Hacking


7
Jan 10

Spanish and Galician dictionaries for Vim 7

If you write long, literary text (like end-user documentation) in Spanish and/or Galician, and Vim 7 is your editor of choice, you may want to download the spell checker dictionaries for those languages. To use them, drop the files under ~/.vim/spell. (By the way, you may need to create the directory if needed).

To use the dictionaries, just type in the needed Ex command, e.g. for Galician that would be:

  :set spell spelllang=gl

If you use modelines in your text files, you may want to add those settings there as well. That makes an easy way to choose a different language for each file. Also, do not forget to take a look at the spell checker documentation to learn more about it (tip: some keybindings are really useful).

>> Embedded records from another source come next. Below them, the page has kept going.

-- ===== src/Codec/Base64.antt =====
-- base64.RawURLEncoding: three bytes as four letters, no padding.
use sing_xhttp.Common.{
  ℕ, ◌+◌, ◌-◌, ◌*◌, ◌/◌, ◌%◌, ◌<◌, ◌≡◌, refl, ap, ◌∙◌, ◌&&◌, ◌||◌, Option, none, some, List, [],
  ◌∷◌, leb, ltb, ◌==◌, arith, if◌then◌else◌,
}
use sing_xhttp.Common.Text.{Bytes}
use sing_xhttp.Codec.Url.Escape.{AreBytes}

-- The letter of six bits.
unfoldable pub letter : ℕ → ℕ
letter v =
    if ltb v 26
    then b'A' + v
    else (if ltb v 52
        then b'a' + (v - 26)
        else (if ltb v 62 then b'0' + (v - 52) else (if v == 62 then b'-' else b'_')))

unfoldable pub letter_value : ℕ → Option ℕ
letter_value c =
    if leb b'A' c && leb c b'Z'
    then some (c - b'A')
    else (if leb b'a' c && leb c b'z'
        then some (c - b'a' + 26)
        else (if leb b'0' c && leb c b'9'
            then some (c - b'0' + 52)
            else (if c == b'-' then some 62 else (if c == b'_' then some 63 else none))))

-- EncodeToString
unfoldable pub encode_base64 : Bytes → Bytes
encode_base64 [] = []
encode_base64 (a ∷ []) = letter (a / 4) ∷ letter (a % 4 * 16) ∷ []
encode_base64 (a ∷ b ∷ []) =
    letter (a / 4) ∷ letter (a % 4 * 16 + b / 16) ∷ letter (b % 16 * 4) ∷ []
encode_base64 (a ∷ b ∷ c ∷ s) =
    letter (a / 4)
    ∷ letter (a % 4 * 16 + b / 16)
    ∷ letter (b % 16 * 4 + c / 64)
    ∷ letter (c % 64)
    ∷ encode_base64 s

abbrev pub push_value : Option ℕ → Option (List ℕ) → Option (List ℕ)
push_value (some v) (some vs) = some (v ∷ vs)
push_value _ _ = none

-- The values of the letters; line ends are passed over, other bytes are an error.
unfoldable pub letter_values : Bytes → Option (List ℕ)
letter_values [] = some []
letter_values (c ∷ s) =
    let rest = letter_values s in
    if c == 10 || c == 13 then rest else push_value (letter_value c) rest

abbrev pub push_three : ℕ → ℕ → ℕ → Option Bytes → Option Bytes
push_three a b c none = none
push_three a b c (some s) = some (a ∷ b ∷ c ∷ s)

-- Bits left over at the end are dropped; one letter alone is an error.
unfoldable pub join_bits : List ℕ → Option Bytes
join_bits [] = some []
join_bits (v ∷ []) = none
join_bits (v ∷ w ∷ []) = some ((v * 4 + w / 16) ∷ [])
join_bits (v ∷ w ∷ x ∷ []) = some ((v * 4 + w / 16) ∷ (w % 16 * 16 + x / 4) ∷ [])
join_bits (v ∷ w ∷ x ∷ y ∷ vs) =
    push_three (v * 4 + w / 16) (w % 16 * 16 + x / 4) (x % 4 * 64 + y) (join_bits vs)

abbrev pub then_join : Option (List ℕ) → Option Bytes
then_join none = none
then_join (some vs) = join_bits vs

-- DecodeString
unfoldable pub decode_base64 : Bytes → Option Bytes
decode_base64 s = then_join (letter_values s)

letter_values-letter :
    (v : ℕ) (s : Bytes)
    → v < 64
    → letter_values (letter v ∷ s) ≡ push_value (some v) (letter_values s)
unfolding letter_values letter letter_value
letter_values-letter v s h = ground arith

abbrev pub IsWord : ℕ → Type 0
IsWord v = v < 64

-- The values that an encoding stands for.
unfoldable words : Bytes → List ℕ
words [] = []
words (a ∷ []) = a / 4 ∷ a % 4 * 16 ∷ []
words (a ∷ b ∷ []) = a / 4 ∷ (a % 4 * 16 + b / 16) ∷ b % 16 * 4 ∷ []
words (a ∷ b ∷ c ∷ s) = a / 4 ∷ (a % 4 * 16 + b / 16) ∷ (b % 16 * 4 + c / 64) ∷ c % 64 ∷ words s

next_letter :
    (v : ℕ) (s : Bytes) (vs : List ℕ)
    → v < 64
    → letter_values s ≡ some vs
    → letter_values (letter v ∷ s) ≡ some (v ∷ vs)
next_letter v s vs h e = letter_values-letter v s h ∙ ap (push_value (some v)) e

no_letters : letter_values [] ≡ some []
unfolding letter_values
no_letters = refl

letter_values-encode : (s : Bytes) → AreBytes s → letter_values (encode_base64 s) ≡ some (words s)
unfolding encode_base64 words
letter_values-encode [] h = no_letters
letter_values-encode (a ∷ []) (ha, _) =
    next_letter _ _ _ (omega arith) (next_letter _ _ _ (omega arith) no_letters)
letter_values-encode (a ∷ b ∷ []) (ha, (hb, _)) =
    next_letter _ _ _ (omega arith)
      (next_letter _ _ _ (omega arith) (next_letter _ _ _ (omega arith) no_letters))
letter_values-encode (a ∷ b ∷ c ∷ s) (ha, (hb, (hc, h))) = next_letter _ _ _ (omega arith) (
    next_letter _ _ _ (omega arith) (
      next_letter _ _ _ (omega arith) (next_letter _ _ _ (omega arith) (letter_values-encode s h))))

join_bits-words : (s : Bytes) → AreBytes s → join_bits (words s) ≡ some s
unfolding join_bits words
join_bits-words [] h = refl
join_bits-words (a ∷ []) (ha, _) =
    let same : a / 4 * 4 + a % 4 * 16 / 16 ≡ a = omega arith in ap (λ x. some (x ∷ [])) same
join_bits-words (a ∷ b ∷ []) (ha, (hb, _)) =
    let first : a / 4 * 4 + (a % 4 * 16 + b / 16) / 16 ≡ a = omega arith in
    let second : (a % 4 * 16 + b / 16) % 16 * 16 + b % 16 * 4 / 4 ≡ b = omega arith in
    rw (first, second) refl
join_bits-words (a ∷ b ∷ c ∷ s) (ha, (hb, (hc, h))) =
    let first : a / 4 * 4 + (a % 4 * 16 + b / 16) / 16 ≡ a = omega arith in
    let second : (a % 4 * 16 + b / 16) % 16 * 16 + (b % 16 * 4 + c / 64) / 4 ≡ b = omega arith in
    let third : (b % 16 * 4 + c / 64) % 4 * 64 + c % 64 ≡ c = omega arith in
    rw (first, second, third) (ap (push_three a b c) (join_bits-words s h))

-- What is encoded is decoded.
pub decode-encode_base64 : (s : Bytes) → AreBytes s → decode_base64 (encode_base64 s) ≡ some s
unfolding decode_base64
decode-encode_base64 s h = ap then_join (letter_values-encode s h) ∙ join_bits-words s h
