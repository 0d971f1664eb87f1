-- ===== src/Codec/Charset/Drawn.antt =====
-- What randStringFromCharset and generateSessionID give, and when they go on for ever.
use native.Mathlib.Nat.{mod-lt, mod-eq_of_lt}
use sing_xhttp.Common.{
  ℕ, zero, suc, ◌-◌, ◌%◌, ◌+◌, ◌≤◌, ◌<◌, ◌≡◌, refl, ap, sym, subst, ◌∙◌, true, false, ◌⊎◌, inl, inr,
  Option, some, get_or, List, [], ◌∷◌, ◌++◌, length, get_elem?, ltb, arith, All, Bool-cases, map,
  length-append, All-append, min,
}
use sing_xhttp.Common.Int.{pos}
use sing_xhttp.Common.Text.{Bytes}
use sing_xhttp.Codec.Charset.{
  Draw, drawn, unfinished, limit, is_biased, char_at, pick_chars, in_front, fill_chars, rand_string,
}

-- A byte that occurs in the text.
abbrev pub Among : Bytes → ℕ → Type 0
Among [] c = ⊥
Among (x ∷ xs) c = (c ≡ x) ⊎ Among xs c

get-Among : (xs : Bytes) (i : ℕ) → i < length xs → Among xs (get_or (get_elem? xs i) 0)
get-Among [] i h = absurd (omega arith)
get-Among (x ∷ xs) zero h = inl refl
get-Among (x ∷ xs) (suc i) h = inr (get-Among xs i (omega arith))

-- How many bytes of a buffer lie below the limit.
unfoldable pub accepted : Bytes → Bytes → ℕ
accepted charset [] = 0
accepted charset (b ∷ buf) = elim (is_biased charset b) [
  | true ↦ accepted charset buf
  | false ↦ suc (accepted charset buf)
]

module _ (charset : Bytes) where
  length-pick_chars :
      (left : ℕ) (buf : Bytes)
      → length (pick_chars charset left buf) ≡ min left (accepted charset buf)
  unfolding pick_chars accepted
  length-pick_chars zero buf = omega arith
  length-pick_chars (suc left) [] = omega arith
  length-pick_chars (suc left) (b ∷ buf) = elim (Bool-cases (is_biased charset b)) [
    | inl e ↦ rw (e, length, accepted) (length-pick_chars (suc left) buf)
    | inr e ↦ rw (e, length, accepted) (omega (arith, length-pick_chars left buf))
  ]

  pick_biased :
      (left b : ℕ) (buf : Bytes)
      → is_biased charset b ≡ true
      → pick_chars charset (suc left) (b ∷ buf) ≡ pick_chars charset (suc left) buf
  unfolding pick_chars
  pick_biased left b buf e = rw (e, pick_chars)

  pick_fair :
      (left b : ℕ) (buf : Bytes)
      → is_biased charset b ≡ false
      → pick_chars charset (suc left) (b ∷ buf) ≡ char_at charset b ∷ pick_chars charset left buf
  unfolding pick_chars
  pick_fair left b buf e = rw (e, pick_chars)

  abbrev pub Drawable : Bytes → Type 0
  Drawable = All (Among charset)

  pick_chars-Among :
      0 < length charset → (left : ℕ) (buf : Bytes) → Drawable (pick_chars charset left buf)
  unfolding pick_chars
  pick_chars-Among h zero buf = tt
  pick_chars-Among h (suc left) [] = tt
  pick_chars-Among h (suc left) (b ∷ buf) = elim (Bool-cases (is_biased charset b)) [
    | inl e ↦ subst Drawable (sym (pick_biased left b buf e)) (pick_chars-Among h (suc left) buf)
    | inr e ↦
        subst Drawable (sym (pick_fair left b buf e))
          (get-Among charset (b % length charset) (mod-lt b h), pick_chars-Among h left buf)
  ]

  -- What a call that ends may give.
  abbrev pub Filled : ℕ → Draw → Type 0
  Filled left d = (s : Bytes) × (d ≡ drawn s) × (length s ≡ left) × Drawable s

  abbrev pub enough : List Bytes → ℕ
  enough [] = 0
  enough (buf ∷ bufs) = accepted charset buf + enough bufs

  in_front-Filled :
      (got : Bytes) (left : ℕ) (d : Draw)
      → Drawable got
      → length got ≤ left
      → Filled (left - length got) d
      → Filled left (in_front got d)
  in_front-Filled got left d h le (s, e, n, k) = (
    got ++ s,
    ap (in_front got) e,
    length-append got s ∙ omega (arith, n),
    All-append (Among charset) got s h k,
  )

  fill_chars-Filled :
      0 < length charset
      → (left : ℕ) (bufs : List Bytes) → left ≤ enough bufs
      → Filled left (fill_chars charset left (map some bufs))
  unfolding fill_chars
  fill_chars-Filled h zero bufs le = ([], refl, refl, tt)
  fill_chars-Filled h (suc left) [] le = absurd (omega arith)
  fill_chars-Filled h (suc left) (buf ∷ bufs) le =
      let got = pick_chars charset (suc left) buf in
      in_front-Filled got (suc left) _ (pick_chars-Among h (suc left) buf)
        (omega (arith, length-pick_chars (suc left) buf))
        (fill_chars-Filled h (suc left - length got) bufs
          (omega (arith, length-pick_chars (suc left) buf)))

  -- Nothing lies below a limit of 0.
  nothing_picked :
      limit (length charset) ≡ 0 → (left : ℕ) (buf : Bytes) → pick_chars charset left buf ≡ []
  unfolding pick_chars is_biased
  nothing_picked e zero buf = refl
  nothing_picked e (suc left) [] = refl
  nothing_picked e (suc left) (b ∷ buf) =
      pick_biased left b buf (ground (arith, e)) ∙ nothing_picked e (suc left) buf

  fill_chars-stuck :
      limit (length charset) ≡ 0
      → (left : ℕ) (bufs : List Bytes)
      → fill_chars charset (suc left) (map some bufs) ≡ unfinished []
  unfolding fill_chars
  fill_chars-stuck e left [] = refl
  fill_chars-stuck e left (buf ∷ bufs) =
      let whole : suc left - 0 ≡ suc left = omega arith in
      rw (nothing_picked e (suc left) buf, whole) (ap (in_front []) (fill_chars-stuck e left bufs))

limit-zero : (m : ℕ) → (256 % m ≡ 0) ⊎ (256 < m) → limit m ≡ 0
unfolding limit
limit-zero m (inl e) = ground arith
limit-zero m (inr h) = let same : 256 % m ≡ 256 = mod-eq_of_lt h in ground arith

rand_string-starts :
    (n c : ℕ) (cs : Bytes) (reads : List (Option Bytes))
    → 0 < n
    → rand_string (pos n) (c ∷ cs) reads ≡ fill_chars (c ∷ cs) n reads
unfolding rand_string
rand_string-starts n c cs reads lo = let go : ltb 0 (n + 0) ≡ true = ground arith in rw go refl

-- When the buffers that the generator gives hold at least `n` bytes below the limit, the call ends
-- with a string of `n` characters, each of them a character of the set.
pub rand_string-Filled :
    (n c : ℕ) (cs : Bytes) (bufs : List Bytes)
    → 0 < n
    → n ≤ enough (c ∷ cs) bufs
    → Filled (c ∷ cs) n (rand_string (pos n) (c ∷ cs) (map some bufs))
rand_string-Filled n c cs bufs lo h =
    subst (Filled (c ∷ cs) n) (sym (rand_string-starts n c cs (map some bufs) lo))
      (fill_chars-Filled (c ∷ cs) (omega arith) n bufs h)

-- For a set whose size divides 256, such as 16, or exceeds it, so that the limit is 256 cut to a
-- byte: the call never ends. Whatever buffers the generator gives, it has no character and asks for
-- more.
pub rand_string-unfinished :
    (n c : ℕ) (cs : Bytes) (bufs : List Bytes)
    → 0 < n
    → (256 % length (c ∷ cs) ≡ 0) ⊎ (256 < length (c ∷ cs))
    → rand_string (pos n) (c ∷ cs) (map some bufs) ≡ unfinished []
rand_string-unfinished (suc n) c cs bufs lo h =
    rand_string-starts (suc n) c cs (map some bufs) lo
    ∙ fill_chars-stuck (c ∷ cs) (limit-zero (length (c ∷ cs)) h) n bufs
rand_string-unfinished zero c cs bufs lo h = absurd (omega arith)
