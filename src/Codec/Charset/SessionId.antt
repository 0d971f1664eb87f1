-- ===== src/Codec/Charset/SessionId.antt =====
-- The session IDs that generateSessionID gives.
use sing_xhttp.Common.{
  ℕ, ◌%◌, ◌^◌, ◌≤◌, ◌<◌, ◌≡◌, refl, ap, ◌∙◌, true, ◌⊎◌, inl, inr, Option, some, List, [], ◌∷◌,
  length, arith, Bool-cases, map, max,
}
use sing_xhttp.Common.Int.{pos, is_positive, ltb_ℤ}
use sing_xhttp.Common.Text.{Bytes, codes}
use sing_xhttp.Options.{range}
use sing_xhttp.Options.RangeRand.{range_rand, range_rand_bounds}
use sing_xhttp.Codec.{Codec}
use sing_xhttp.Codec.Charset.{
  drawn, unfinished, or_uuid, rand_string, session_table, session_length, generate_session_id,
  predefined_table,
}
use sing_xhttp.Codec.Charset.Drawn.{Drawable, enough, rand_string-Filled, rand_string-unfinished}

-- The length lies in the configured range.
drawn_length :
    (c : Codec) (from to bits : ℕ)
    → c.session_id_length ≡ range from to
    → from < 2 ^ 31
    → to < 2 ^ 31
    → (n : ℕ) × (session_length c bits ≡ pos n) × (from ≤ n) × (n ≤ max from to)
unfolding session_length range_rand
drawn_length c from to bits e lo hi = elim (Bool-cases (ltb_ℤ (pos from) (pos to))) [
  | inl more ↦
      let (n, is_n, low, high) = range_rand_bounds from to bits lo hi in
      (n, rw (e, more, is_n), low, elim high [ inl h ↦ omega arith | inr h ↦ omega arith ])
  | inr empty ↦ (from, rw (e, empty), omega arith, omega arith)
]

module _ (c : Codec) (t : ℕ) (ts : Bytes) (table : session_table c ≡ t ∷ ts) where
  generated :
      (bits n : ℕ) (reads : List (Option Bytes)) (uuid : Bytes)
      → 0 < n
      → session_length c bits ≡ pos n
      → generate_session_id c bits reads uuid ≡ or_uuid uuid (rand_string (pos n) (t ∷ ts) reads)
  unfolding generate_session_id
  generated bits n reads uuid lo e =
      let go : is_positive (pos n) ≡ true = ground arith in rw (table, e, go) refl

-- With a table that is not empty and a range of lengths above 0, once the generator has given bytes
-- below the limit for the longest of them: the session ID is drawn, all its characters are of the
-- table, and its length lies in the range.
pub generate_session_id_sound :
    (c : Codec) (t : ℕ) (ts : Bytes) (from to bits : ℕ) (bufs : List Bytes) (uuid : Bytes)
    → session_table c ≡ t ∷ ts
    → c.session_id_length ≡ range from to
    → 0 < from
    → from < 2 ^ 31
    → to < 2 ^ 31
    → max from to ≤ enough (t ∷ ts) bufs
    → (id : Bytes) × (generate_session_id c bits (map some bufs) uuid ≡ drawn id)
      × Drawable (t ∷ ts) id
      × (from ≤ length id)
      × (length id ≤ max from to)
generate_session_id_sound c t ts from to bits bufs uuid table e lo low high h =
    let (n, is_n, at_least, at_most) = drawn_length c from to bits e low high in
    let (id, is_id, size, fine) = rand_string-Filled n t ts bufs (omega arith) (omega arith) in
    let same = generated c t ts table bits n (map some bufs) uuid (omega arith) is_n in
    (id, same ∙ ap (or_uuid uuid) is_id, fine, omega arith, omega arith)

-- A table of 16 characters.
sixteen :
    (c : Codec) (t : ℕ) (ts : Bytes) (from to bits : ℕ) (bufs : List Bytes) (uuid : Bytes)
    → session_table c ≡ t ∷ ts
    → 256 % length (t ∷ ts) ≡ 0
    → c.session_id_length ≡ range from to
    → 0 < from
    → from < 2 ^ 31
    → to < 2 ^ 31
    → generate_session_id c bits (map some bufs) uuid ≡ unfinished []
sixteen c t ts from to bits bufs uuid table divides e lo low high =
    let (n, is_n, at_least, _) = drawn_length c from to bits e low high in
    generated c t ts table bits n (map some bufs) uuid (omega arith) is_n
    ∙ ap (or_uuid uuid) (rand_string-unfinished n t ts bufs (omega arith) (inl divides))

-- With the predefined table "hex" or "HEX" and lengths above 0, no session ID is ever generated: 16
-- divides 256, so the limit is 0 as a byte and each byte of each buffer is thrown away.
pub hex_never_ends :
    (c : Codec) (from to bits : ℕ) (bufs : List Bytes) (uuid : Bytes)
    → (c.session_id_table ≡ "hex") ⊎ (c.session_id_table ≡ "HEX")
    → c.session_id_length ≡ range from to
    → 0 < from
    → from < 2 ^ 31
    → to < 2 ^ 31
    → generate_session_id c bits (map some bufs) uuid ≡ unfinished []
unfolding session_table predefined_table
hex_never_ends c from to bits bufs uuid (inl name) e lo low high =
    sixteen c b'0' (codes "123456789abcdef") from to bits bufs uuid (rw name refl) refl e lo low
      high
hex_never_ends c from to bits bufs uuid (inr name) e lo low high =
    sixteen c b'0' (codes "123456789ABCDEF") from to bits bufs uuid (rw name refl) refl e lo low
      high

Note that you will only be able of editing UTF-8 texts. I have not crafted ISO-8859-1 versions of the dictionary tables because no single person should be using an encoding different from UTF-8 nowadays (for a number of good reasons). If someone has a strong need for ISO-encoded tables, please let me know.

Last but not least, let me stress that the dictionaries were converted from the ones used by OpenOffice.org plus some small patches I took from the Vim SVN repository. Big thanks go to the all the people working in both projects. I am not an expert with legal stuff, but as the source files are under the LGPL I think it is safe to assume that the Spanish and Galician dictionaries generated from them are LGPL’d, too.

Remember: it is always good to deliver well-written documents. Happy 2010 ;-)


14
Jul 09

Embedding widgets from other processes with PyGTK

After discovering the Surf minimalistic web browser, I was just curious on how difficutl would it be to use the XEmbed protocol to wrap it into another application. It is far easier than I thought initially by using the gtk.Socket class which does implement the protocol in a convenient way, for example using the following Python code:

import gtk, sys
 
socket = gtk.Socket()
window = gtk.Window()
window.set_title(u"Embedded widget")
window.add(socket)
 
# Embed *after* inserting the socket in a window!
socket.add_id(int(sys.argv[1]))
window.show_all()
gtk.main()

Save this in a file (e.g. embed.py) and now you can run Surf the following way:

# Running surf with -e will print the X window ID
surf -e -u http://google.com &
python embed.py <window-id>

Easy, wasn’t it? ;-)

(Thanks go to Claudio for pointing out the gtk.Socket/gtk.Plug classes)


8
Jul 09

Making Claws-Mail look better

Those of you who use Claws-Mail in a daily basis and like to tune-up how your Gnome desktop looks by means of the fine themes which are available for it, for sure have noticed the weird, ugly 2-pixel spacing between toolbars and the window border. This not only unpleasant to see, but totally breaks some dark themes (e.g. Dust). The bad news: the padding is hardwired in the Claws source code. The good news: there is a small patch I made which will make your day happier :-D

Update: The patch has been already included in the Claws-Mail repository. Thanks you guys!


3
Jul 09

Light charset detection (mostly CJK)

What happens when you have a pile of text you want to convert to a sane encoding like UTF-8 and you do not know which encoding is being used? In general, you have two options:

  • Trying all possible encodings. This may be more or less difficult depending on the language in which the text is written: some languages can be written in a number of encodings. For example encoding covering cyrillic characters is a mess: Macintosh Russian encoding, Windows CP1251, KOI-8 (and several variants of it), ISO 8859-5…
  • Asking the author of the text. This may not be feasible at all, as you may even happen to not know who the author is :-(

But there is another option: detect it programmatically. This one of the things that Enca can do for a variety of languages. But, just for a second, imagine that you want a similar funcionality using a lighther approach, and you are mostly handling Unicode and CJK text (Chinese-Japanese-Korean) in different encodings, and you prefer a lighter solution than Enca… enter GChardet, a wrapper on top of the Mozilla encoding detection routines (as used e.g. by Firefox) with a plain C interface designed to blend nicely with code using Glib.

This is a nice hack I did in a couple of hours by adding some definitions in fake header files, because the detection code is not totally isolated from the rest of the Mozilla code base. Also, to provide the C-only API I had to make some subclassing and override a pair of methods. After that, adding the “G-frienly” API on top was straightforward. The thing I like most about this solution is that it can be compiled to a small library of ~120kB in amd64, and the original Mozilla sources were not touched at all.

Just in case this could be useful for someone else, I have uploaded it to Gitorious. Feel free to clone the repository, use it, and provide feedback. By the way: as this uses Mozilla code, I have set the license to MPL.